Task directions: The response should hold each line from the entries below where "extensions" is found.
---------- Available records ----------
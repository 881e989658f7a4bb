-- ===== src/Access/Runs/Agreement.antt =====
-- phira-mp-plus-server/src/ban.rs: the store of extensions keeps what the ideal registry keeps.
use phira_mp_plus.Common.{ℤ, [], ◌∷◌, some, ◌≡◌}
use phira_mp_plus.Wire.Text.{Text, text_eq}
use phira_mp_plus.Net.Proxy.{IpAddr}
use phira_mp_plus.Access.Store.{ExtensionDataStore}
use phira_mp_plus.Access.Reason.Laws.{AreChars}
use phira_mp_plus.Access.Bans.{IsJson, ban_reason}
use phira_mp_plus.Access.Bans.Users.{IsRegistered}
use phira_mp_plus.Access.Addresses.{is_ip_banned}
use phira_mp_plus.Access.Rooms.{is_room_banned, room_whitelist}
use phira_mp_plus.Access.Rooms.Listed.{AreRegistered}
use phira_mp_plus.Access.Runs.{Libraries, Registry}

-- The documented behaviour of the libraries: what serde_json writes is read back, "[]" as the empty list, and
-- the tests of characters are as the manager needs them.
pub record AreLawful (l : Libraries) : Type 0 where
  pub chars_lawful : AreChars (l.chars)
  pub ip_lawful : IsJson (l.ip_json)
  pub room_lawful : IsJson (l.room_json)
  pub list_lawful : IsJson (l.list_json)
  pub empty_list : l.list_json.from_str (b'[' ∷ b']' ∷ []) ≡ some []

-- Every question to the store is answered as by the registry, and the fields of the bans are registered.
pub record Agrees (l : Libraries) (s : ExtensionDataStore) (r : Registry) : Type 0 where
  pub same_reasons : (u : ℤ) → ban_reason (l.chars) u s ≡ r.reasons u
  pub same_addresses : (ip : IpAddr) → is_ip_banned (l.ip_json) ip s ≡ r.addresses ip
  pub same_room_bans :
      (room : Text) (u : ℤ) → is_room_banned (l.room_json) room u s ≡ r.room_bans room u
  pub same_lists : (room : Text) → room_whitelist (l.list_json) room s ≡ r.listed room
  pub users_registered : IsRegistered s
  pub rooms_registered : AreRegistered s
----------
---------- Available records ----------
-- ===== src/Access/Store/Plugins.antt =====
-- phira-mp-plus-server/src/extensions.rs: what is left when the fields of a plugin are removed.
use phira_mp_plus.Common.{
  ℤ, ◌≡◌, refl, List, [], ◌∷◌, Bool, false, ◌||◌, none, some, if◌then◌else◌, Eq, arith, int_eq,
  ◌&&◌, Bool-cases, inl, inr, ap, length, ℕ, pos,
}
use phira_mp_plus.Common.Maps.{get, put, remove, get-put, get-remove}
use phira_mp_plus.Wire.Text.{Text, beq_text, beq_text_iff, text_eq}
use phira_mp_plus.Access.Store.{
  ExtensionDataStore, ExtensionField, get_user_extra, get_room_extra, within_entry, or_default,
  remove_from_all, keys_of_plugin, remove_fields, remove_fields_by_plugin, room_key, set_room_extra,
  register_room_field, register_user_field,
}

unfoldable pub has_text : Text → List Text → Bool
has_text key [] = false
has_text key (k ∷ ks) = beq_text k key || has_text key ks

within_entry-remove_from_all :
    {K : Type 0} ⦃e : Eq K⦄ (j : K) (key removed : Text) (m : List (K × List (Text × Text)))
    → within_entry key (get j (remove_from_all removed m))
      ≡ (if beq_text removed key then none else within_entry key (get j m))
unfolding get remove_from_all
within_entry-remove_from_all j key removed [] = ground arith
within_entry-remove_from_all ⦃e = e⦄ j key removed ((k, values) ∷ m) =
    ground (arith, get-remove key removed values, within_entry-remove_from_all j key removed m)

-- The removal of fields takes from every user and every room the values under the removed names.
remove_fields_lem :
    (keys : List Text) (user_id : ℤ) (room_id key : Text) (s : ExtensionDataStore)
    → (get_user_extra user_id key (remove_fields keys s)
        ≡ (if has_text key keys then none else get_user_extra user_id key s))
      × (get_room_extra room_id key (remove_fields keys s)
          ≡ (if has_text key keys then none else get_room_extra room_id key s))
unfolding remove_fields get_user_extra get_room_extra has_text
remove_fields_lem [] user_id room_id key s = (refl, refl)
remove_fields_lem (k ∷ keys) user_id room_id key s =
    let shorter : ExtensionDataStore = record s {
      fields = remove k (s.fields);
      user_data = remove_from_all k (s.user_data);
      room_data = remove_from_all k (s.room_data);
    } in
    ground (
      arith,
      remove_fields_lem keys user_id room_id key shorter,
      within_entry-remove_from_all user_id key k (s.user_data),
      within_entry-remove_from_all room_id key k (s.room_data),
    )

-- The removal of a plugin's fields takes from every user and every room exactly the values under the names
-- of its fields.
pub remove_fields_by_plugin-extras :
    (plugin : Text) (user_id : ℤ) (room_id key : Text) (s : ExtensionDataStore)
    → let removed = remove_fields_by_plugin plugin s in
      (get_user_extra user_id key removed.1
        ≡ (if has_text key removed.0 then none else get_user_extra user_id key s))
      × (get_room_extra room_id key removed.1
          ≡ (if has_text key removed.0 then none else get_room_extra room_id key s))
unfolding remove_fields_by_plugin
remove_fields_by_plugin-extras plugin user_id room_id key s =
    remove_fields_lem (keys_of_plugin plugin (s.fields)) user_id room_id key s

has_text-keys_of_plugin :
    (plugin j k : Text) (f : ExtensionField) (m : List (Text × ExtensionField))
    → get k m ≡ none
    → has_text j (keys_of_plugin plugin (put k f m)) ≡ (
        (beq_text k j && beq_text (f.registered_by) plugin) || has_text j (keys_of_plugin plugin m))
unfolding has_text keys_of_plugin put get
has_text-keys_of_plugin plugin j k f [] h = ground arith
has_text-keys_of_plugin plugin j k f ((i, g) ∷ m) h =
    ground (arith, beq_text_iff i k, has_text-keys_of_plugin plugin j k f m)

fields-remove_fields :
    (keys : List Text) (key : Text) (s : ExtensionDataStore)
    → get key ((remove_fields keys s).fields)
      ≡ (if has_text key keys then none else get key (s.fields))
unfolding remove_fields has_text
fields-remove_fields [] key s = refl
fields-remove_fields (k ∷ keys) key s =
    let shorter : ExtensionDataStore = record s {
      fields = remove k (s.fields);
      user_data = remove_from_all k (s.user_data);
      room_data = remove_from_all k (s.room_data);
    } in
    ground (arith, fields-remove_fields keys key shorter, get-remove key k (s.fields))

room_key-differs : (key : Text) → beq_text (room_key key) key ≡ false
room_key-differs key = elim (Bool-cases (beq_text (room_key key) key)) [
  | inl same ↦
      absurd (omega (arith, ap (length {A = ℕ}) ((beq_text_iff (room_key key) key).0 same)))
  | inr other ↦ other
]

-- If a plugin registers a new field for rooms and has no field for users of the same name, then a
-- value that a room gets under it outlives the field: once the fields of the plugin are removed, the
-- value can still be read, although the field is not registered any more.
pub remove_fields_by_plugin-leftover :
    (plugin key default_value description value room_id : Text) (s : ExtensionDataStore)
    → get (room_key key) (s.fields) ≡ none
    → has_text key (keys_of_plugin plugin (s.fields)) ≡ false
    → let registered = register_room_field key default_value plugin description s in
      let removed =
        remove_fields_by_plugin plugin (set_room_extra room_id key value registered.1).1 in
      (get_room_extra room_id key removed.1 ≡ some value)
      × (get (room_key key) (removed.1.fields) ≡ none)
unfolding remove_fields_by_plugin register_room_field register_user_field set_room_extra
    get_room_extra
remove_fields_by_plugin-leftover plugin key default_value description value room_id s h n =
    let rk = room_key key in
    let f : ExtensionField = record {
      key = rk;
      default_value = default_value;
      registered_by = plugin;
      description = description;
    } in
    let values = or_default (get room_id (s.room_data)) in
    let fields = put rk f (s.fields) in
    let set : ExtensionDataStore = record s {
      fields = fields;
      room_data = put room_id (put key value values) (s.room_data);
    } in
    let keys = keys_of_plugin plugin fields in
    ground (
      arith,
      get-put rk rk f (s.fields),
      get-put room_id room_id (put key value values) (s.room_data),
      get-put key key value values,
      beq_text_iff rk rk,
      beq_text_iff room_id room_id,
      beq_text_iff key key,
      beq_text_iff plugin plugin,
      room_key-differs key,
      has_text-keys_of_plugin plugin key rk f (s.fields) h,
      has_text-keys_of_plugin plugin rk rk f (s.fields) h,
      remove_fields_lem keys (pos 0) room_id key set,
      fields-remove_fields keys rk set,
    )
----------
Task response:
-- phira-mp-plus-server/src/ban.rs: the store of extensions keeps what the ideal registry keeps.
-- phira-mp-plus-server/src/extensions.rs: what is left when the fields of a plugin are removed.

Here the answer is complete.